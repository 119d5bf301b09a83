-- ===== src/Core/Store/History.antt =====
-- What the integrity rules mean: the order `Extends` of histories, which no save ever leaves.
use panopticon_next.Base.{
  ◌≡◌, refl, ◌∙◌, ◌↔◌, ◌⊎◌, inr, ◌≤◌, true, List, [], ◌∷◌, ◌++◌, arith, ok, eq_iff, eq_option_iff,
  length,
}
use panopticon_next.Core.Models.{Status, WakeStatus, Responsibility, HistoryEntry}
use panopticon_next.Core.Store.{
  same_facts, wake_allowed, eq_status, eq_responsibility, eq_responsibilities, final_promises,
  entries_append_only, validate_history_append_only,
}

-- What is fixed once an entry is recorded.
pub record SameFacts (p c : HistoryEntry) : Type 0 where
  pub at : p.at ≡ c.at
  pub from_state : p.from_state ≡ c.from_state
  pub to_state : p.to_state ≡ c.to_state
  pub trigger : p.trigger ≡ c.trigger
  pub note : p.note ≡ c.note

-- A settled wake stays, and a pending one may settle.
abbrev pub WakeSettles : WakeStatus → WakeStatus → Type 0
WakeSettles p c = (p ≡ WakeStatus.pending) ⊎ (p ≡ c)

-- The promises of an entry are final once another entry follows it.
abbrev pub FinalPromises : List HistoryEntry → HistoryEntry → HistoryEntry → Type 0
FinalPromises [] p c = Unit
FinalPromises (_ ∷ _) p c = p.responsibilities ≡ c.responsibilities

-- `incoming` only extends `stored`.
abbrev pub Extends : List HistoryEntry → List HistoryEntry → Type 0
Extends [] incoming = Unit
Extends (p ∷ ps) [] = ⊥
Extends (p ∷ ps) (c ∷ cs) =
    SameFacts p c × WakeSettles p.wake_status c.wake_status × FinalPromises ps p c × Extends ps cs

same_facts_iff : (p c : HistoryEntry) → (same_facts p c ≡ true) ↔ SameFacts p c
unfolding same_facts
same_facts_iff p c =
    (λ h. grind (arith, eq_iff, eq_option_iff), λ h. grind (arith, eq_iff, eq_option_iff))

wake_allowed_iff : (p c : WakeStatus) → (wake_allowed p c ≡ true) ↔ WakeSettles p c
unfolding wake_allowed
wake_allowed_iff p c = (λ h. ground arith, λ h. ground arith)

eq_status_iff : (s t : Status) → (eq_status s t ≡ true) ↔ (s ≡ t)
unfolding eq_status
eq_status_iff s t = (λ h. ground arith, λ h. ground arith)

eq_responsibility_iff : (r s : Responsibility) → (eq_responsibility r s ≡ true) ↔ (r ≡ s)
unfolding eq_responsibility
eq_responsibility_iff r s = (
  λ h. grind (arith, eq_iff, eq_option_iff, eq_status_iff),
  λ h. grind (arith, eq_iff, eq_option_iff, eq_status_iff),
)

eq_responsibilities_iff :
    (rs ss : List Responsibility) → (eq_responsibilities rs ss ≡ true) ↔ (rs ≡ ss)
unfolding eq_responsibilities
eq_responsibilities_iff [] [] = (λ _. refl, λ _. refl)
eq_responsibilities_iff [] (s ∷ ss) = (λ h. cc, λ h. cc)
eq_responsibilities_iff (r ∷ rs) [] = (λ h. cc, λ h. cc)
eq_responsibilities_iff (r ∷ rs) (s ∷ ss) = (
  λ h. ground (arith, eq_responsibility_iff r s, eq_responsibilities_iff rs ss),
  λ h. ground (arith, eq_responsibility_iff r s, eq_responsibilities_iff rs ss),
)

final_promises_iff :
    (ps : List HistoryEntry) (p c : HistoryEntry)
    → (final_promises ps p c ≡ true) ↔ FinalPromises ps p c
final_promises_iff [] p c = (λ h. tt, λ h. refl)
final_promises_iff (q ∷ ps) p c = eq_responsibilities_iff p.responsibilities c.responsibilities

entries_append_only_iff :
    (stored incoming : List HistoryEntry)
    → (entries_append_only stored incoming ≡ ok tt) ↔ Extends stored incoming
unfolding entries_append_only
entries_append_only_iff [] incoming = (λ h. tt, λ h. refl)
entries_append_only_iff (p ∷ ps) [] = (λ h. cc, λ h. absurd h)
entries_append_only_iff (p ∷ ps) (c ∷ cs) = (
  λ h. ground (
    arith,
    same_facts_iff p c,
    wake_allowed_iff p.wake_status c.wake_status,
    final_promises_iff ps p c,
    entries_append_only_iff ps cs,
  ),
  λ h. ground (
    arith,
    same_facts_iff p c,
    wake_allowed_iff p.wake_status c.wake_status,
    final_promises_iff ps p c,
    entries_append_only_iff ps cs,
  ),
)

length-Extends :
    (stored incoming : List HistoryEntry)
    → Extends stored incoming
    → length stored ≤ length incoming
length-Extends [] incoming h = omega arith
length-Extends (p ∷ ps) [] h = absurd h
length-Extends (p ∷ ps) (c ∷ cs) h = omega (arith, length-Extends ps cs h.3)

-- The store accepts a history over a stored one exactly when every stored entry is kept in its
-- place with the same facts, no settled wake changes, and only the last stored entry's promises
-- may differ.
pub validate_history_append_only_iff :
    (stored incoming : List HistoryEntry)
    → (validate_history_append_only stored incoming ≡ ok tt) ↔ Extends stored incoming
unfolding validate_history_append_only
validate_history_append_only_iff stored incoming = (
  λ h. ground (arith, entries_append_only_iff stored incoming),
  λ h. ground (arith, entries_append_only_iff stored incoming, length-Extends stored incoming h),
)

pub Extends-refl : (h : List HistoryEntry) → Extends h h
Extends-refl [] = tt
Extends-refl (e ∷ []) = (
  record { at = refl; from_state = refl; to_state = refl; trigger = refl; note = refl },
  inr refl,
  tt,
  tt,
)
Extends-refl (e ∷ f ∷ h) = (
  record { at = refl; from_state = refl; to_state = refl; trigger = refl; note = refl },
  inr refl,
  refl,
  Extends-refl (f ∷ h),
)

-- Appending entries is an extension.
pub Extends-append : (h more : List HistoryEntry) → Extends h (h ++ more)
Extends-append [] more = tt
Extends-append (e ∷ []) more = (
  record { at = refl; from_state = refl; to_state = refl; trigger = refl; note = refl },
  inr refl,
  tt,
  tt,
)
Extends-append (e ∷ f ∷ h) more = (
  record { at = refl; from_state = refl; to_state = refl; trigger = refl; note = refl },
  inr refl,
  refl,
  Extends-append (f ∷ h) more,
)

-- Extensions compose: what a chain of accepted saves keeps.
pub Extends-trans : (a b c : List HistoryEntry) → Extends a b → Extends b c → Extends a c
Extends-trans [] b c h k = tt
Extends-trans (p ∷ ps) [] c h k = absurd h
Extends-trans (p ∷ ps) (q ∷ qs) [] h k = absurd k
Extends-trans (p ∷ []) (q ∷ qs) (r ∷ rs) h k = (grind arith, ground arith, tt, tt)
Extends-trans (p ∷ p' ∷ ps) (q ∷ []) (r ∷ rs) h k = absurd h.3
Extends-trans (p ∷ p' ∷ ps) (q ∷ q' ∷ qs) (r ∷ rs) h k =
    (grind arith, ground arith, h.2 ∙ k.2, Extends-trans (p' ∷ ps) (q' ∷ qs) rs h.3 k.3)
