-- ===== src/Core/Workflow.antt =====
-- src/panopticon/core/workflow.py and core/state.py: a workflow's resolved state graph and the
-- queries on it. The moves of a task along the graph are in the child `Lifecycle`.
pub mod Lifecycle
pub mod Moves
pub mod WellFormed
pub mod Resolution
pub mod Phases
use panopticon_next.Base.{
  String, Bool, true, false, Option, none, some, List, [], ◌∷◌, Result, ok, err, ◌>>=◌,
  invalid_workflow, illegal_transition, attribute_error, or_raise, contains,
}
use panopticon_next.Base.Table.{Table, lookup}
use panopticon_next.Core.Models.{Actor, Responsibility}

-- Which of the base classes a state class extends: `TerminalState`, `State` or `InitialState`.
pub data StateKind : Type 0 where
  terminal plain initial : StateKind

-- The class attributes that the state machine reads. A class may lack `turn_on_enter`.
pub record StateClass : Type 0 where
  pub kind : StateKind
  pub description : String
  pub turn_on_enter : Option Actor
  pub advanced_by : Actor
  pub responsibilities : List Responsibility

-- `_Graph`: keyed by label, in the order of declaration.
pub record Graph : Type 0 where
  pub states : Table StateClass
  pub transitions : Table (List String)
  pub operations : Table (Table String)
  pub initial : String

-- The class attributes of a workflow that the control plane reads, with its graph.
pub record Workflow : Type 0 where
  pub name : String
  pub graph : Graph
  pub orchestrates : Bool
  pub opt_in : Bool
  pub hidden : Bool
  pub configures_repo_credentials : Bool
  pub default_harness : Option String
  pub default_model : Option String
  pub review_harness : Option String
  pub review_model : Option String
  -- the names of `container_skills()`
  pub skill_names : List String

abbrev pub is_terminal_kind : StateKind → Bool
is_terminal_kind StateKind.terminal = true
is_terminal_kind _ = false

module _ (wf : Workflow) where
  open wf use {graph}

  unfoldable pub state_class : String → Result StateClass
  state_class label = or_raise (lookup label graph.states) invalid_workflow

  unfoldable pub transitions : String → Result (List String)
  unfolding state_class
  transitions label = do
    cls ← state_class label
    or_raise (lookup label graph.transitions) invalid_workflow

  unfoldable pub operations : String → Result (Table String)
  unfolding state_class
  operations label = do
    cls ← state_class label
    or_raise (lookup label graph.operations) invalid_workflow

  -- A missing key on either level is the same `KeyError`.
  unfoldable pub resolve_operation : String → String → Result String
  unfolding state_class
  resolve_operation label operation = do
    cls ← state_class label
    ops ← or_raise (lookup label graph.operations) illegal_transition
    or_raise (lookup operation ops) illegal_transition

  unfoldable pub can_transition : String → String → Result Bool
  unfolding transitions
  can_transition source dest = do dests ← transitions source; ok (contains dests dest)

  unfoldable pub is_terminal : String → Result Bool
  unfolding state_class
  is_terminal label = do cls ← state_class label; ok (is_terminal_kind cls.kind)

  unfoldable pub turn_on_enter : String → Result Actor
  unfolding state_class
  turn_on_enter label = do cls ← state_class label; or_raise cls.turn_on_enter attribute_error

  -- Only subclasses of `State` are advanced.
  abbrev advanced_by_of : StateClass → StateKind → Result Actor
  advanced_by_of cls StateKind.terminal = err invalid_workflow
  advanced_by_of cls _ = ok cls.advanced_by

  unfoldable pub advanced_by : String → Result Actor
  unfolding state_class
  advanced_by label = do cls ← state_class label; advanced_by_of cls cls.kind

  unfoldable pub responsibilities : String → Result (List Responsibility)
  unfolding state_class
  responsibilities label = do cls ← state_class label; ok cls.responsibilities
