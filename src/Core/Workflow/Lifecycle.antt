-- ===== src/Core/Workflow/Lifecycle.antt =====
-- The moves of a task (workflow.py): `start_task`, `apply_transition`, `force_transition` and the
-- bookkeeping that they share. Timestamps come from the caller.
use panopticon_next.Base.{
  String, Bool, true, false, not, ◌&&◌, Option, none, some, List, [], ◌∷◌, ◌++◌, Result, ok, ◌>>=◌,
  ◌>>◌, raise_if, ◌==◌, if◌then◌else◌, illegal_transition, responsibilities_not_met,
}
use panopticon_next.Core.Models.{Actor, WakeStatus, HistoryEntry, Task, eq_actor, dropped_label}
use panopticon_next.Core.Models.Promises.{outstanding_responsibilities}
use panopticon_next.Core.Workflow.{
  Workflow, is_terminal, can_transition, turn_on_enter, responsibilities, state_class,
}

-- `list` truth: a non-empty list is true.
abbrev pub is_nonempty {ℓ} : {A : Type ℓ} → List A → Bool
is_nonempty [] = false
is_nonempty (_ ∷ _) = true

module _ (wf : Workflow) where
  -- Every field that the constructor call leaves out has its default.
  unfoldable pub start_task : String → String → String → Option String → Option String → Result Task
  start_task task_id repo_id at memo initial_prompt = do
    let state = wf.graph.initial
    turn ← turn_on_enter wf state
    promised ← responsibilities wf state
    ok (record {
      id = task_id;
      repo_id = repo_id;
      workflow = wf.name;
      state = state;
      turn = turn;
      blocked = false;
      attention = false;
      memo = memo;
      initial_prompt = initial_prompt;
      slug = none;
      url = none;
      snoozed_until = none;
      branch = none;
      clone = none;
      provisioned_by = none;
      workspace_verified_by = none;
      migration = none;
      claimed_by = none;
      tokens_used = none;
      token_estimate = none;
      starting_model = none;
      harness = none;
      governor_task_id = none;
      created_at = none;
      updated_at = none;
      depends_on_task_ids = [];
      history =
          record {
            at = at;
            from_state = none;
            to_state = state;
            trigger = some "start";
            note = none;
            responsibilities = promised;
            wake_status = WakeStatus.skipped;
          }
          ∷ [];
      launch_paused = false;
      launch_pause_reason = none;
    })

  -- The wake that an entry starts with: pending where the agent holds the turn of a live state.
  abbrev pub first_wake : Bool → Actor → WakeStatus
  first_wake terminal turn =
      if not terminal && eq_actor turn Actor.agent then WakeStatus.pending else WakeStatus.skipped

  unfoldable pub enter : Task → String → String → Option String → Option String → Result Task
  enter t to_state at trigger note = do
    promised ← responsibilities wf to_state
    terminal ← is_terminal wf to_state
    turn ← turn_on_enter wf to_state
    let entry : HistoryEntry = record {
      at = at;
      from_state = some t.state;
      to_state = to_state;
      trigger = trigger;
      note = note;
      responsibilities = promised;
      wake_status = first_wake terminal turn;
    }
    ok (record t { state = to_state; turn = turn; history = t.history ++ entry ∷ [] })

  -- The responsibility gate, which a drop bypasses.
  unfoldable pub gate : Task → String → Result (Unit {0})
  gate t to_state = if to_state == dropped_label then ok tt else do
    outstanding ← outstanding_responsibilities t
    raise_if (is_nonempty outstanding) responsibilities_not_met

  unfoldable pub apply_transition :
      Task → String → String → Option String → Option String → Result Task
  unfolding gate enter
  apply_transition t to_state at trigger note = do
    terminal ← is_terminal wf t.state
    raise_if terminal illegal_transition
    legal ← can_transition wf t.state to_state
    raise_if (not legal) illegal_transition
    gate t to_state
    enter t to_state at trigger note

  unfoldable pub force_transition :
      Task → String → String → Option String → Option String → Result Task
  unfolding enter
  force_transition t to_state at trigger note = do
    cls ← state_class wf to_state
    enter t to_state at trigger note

● Task directions:
Quote exactly the stretch of lines above that starts at the first one and ends at the line with "pub trigger : p.trigger ≡ c.trigger", and nothing beyond it.

● Exercise output:
repository 119d5bf301b09a83
-- ===== src/Core/Store/History.antt =====
-- What the integrity rules mean: the order `Extends` of histories, which no save ever leaves.
use panopticon_next.Base.{
  ◌≡◌, refl, ◌∙◌, ◌↔◌, ◌⊎◌, inr, ◌≤◌, true, List, [], ◌∷◌, ◌++◌, arith, ok, eq_iff, eq_option_iff,
  length,
}
use panopticon_next.Core.Models.{Status, WakeStatus, Responsibility, HistoryEntry}
use panopticon_next.Core.Store.{
  same_facts, wake_allowed, eq_status, eq_responsibility, eq_responsibilities, final_promises,
  entries_append_only, validate_history_append_only,
}

-- What is fixed once an entry is recorded.
pub record SameFacts (p c : HistoryEntry) : Type 0 where
  pub at : p.at ≡ c.at
  pub from_state : p.from_state ≡ c.from_state
  pub to_state : p.to_state ≡ c.to_state
  pub trigger : p.trigger ≡ c.trigger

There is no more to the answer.